What you are asked to do: Locate every line in the records below that holds the word "Task" and return each one.
Top of The records
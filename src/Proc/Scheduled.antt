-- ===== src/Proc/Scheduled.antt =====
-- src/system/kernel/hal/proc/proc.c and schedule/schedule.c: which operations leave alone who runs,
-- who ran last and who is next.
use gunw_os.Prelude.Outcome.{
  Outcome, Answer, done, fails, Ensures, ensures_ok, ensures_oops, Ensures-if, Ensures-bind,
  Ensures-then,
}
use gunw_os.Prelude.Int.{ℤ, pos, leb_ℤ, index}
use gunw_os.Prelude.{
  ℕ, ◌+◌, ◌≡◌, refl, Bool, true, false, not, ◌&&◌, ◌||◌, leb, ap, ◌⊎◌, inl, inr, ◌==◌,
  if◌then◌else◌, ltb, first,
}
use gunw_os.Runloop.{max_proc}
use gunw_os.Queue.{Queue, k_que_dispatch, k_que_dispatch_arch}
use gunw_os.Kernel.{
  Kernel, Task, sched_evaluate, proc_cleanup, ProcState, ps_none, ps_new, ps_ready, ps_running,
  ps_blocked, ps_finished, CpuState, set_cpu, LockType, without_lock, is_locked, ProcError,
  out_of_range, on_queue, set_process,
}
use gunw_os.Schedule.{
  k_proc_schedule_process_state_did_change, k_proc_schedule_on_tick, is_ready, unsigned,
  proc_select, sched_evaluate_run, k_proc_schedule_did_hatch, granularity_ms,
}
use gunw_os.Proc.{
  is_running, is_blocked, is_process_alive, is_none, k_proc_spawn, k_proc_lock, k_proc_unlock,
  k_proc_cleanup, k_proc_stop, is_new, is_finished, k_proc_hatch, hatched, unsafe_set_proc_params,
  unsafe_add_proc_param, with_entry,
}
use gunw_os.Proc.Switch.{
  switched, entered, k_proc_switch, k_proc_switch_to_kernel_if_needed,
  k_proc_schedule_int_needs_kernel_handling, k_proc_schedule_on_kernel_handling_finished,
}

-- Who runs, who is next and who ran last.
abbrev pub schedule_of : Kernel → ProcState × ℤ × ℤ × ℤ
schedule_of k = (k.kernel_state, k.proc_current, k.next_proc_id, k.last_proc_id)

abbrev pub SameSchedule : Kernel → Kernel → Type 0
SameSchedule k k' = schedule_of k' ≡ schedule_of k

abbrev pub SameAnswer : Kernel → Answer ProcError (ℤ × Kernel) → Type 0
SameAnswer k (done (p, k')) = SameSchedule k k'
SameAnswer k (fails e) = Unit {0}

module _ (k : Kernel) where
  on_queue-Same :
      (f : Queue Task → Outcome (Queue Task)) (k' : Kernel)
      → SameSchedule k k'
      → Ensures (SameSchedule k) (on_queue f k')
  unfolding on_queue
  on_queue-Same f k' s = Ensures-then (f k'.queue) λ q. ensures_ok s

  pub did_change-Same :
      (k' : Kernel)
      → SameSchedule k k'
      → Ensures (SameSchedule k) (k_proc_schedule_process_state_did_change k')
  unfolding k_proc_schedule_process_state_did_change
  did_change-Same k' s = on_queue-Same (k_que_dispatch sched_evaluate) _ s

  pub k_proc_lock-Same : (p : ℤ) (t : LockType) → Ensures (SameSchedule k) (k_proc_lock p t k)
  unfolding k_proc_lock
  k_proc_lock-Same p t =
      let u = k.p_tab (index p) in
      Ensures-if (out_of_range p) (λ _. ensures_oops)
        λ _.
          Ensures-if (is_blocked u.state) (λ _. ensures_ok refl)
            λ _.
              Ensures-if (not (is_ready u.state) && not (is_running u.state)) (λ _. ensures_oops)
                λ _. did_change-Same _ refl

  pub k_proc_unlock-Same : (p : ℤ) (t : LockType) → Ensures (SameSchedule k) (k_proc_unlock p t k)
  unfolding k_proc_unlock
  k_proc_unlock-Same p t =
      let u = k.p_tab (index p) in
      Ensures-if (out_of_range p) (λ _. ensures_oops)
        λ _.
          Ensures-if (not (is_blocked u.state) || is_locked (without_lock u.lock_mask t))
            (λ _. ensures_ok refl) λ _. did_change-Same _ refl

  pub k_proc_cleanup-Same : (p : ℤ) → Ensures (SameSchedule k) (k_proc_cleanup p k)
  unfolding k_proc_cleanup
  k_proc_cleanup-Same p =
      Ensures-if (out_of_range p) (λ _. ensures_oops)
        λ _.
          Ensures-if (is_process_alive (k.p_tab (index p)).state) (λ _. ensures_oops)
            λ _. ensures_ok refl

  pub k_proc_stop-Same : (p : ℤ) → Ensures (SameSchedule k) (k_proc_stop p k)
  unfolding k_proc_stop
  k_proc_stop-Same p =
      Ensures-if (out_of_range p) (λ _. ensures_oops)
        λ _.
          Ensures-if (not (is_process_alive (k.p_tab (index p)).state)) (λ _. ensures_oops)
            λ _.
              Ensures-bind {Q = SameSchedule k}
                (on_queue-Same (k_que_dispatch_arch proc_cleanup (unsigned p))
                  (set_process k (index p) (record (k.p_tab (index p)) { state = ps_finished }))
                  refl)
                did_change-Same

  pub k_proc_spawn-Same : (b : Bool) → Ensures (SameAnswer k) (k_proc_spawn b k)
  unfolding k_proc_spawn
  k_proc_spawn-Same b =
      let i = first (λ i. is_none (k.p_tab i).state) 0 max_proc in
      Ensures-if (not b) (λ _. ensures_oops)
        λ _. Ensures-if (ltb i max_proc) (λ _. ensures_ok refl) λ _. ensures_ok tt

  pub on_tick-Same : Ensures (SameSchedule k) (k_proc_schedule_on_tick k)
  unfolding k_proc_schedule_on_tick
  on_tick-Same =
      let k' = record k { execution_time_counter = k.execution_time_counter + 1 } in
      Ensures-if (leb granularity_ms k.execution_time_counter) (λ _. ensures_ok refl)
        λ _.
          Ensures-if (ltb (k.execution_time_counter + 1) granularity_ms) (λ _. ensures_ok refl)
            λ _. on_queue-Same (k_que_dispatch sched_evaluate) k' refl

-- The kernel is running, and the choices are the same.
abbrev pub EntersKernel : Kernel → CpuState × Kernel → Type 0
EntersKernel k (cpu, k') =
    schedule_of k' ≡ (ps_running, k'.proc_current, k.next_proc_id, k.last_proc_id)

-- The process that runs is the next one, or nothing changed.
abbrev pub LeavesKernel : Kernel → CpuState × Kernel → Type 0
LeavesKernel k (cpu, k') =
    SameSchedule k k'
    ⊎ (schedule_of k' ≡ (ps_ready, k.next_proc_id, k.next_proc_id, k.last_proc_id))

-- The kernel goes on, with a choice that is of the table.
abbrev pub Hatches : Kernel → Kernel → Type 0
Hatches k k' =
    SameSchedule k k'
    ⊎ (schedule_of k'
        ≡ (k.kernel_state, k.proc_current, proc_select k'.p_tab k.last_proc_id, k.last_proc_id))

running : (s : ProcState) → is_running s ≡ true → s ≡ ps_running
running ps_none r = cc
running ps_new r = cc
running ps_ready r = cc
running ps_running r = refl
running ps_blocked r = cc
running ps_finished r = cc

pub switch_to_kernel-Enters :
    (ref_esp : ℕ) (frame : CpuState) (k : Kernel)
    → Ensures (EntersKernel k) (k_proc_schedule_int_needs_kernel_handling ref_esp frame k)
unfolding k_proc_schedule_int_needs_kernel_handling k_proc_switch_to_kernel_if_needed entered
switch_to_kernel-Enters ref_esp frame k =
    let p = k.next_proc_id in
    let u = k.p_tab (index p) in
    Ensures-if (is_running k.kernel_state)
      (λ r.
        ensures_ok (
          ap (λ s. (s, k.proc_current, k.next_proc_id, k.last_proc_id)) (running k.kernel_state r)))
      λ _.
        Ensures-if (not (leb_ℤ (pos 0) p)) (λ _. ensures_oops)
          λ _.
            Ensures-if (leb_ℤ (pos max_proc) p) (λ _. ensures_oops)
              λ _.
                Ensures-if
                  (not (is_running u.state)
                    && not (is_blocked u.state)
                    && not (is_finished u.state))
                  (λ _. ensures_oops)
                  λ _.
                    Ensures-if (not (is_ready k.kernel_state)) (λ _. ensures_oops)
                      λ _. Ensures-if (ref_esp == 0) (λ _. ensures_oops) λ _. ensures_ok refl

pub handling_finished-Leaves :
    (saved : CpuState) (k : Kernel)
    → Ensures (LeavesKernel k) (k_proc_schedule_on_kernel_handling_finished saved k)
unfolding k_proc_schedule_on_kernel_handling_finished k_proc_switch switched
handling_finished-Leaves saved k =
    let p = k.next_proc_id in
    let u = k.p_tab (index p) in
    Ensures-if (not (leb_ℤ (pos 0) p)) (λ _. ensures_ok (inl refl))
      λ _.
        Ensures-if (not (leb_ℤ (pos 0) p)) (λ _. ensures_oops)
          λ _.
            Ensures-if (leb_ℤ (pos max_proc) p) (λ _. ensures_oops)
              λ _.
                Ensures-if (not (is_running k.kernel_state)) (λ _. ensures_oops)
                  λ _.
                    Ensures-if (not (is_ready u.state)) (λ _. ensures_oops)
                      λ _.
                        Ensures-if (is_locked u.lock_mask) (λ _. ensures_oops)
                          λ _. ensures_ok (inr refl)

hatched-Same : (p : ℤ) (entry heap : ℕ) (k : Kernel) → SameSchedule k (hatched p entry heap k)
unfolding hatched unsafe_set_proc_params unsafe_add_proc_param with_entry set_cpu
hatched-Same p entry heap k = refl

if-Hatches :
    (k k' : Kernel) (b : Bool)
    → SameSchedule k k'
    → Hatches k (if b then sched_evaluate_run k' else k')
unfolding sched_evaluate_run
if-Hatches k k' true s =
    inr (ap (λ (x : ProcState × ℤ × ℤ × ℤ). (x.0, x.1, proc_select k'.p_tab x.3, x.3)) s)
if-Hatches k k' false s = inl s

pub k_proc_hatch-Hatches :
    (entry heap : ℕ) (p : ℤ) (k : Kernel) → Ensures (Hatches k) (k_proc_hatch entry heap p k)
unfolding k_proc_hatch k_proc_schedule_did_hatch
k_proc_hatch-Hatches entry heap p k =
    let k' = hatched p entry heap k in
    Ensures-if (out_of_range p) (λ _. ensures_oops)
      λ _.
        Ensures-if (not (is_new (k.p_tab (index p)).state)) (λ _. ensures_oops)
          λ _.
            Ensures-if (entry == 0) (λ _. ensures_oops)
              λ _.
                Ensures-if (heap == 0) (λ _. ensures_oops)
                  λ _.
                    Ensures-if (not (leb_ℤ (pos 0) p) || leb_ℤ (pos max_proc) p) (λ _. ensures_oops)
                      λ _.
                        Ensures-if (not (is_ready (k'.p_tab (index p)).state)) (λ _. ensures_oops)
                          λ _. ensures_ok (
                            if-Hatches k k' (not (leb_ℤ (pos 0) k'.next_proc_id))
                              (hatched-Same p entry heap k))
Bottom of The records
Response:
  Kernel, Task, sched_evaluate, proc_cleanup, ProcState, ps_none, ps_new, ps_ready, ps_running,
      (f : Queue Task → Outcome (Queue Task)) (k' : Kernel)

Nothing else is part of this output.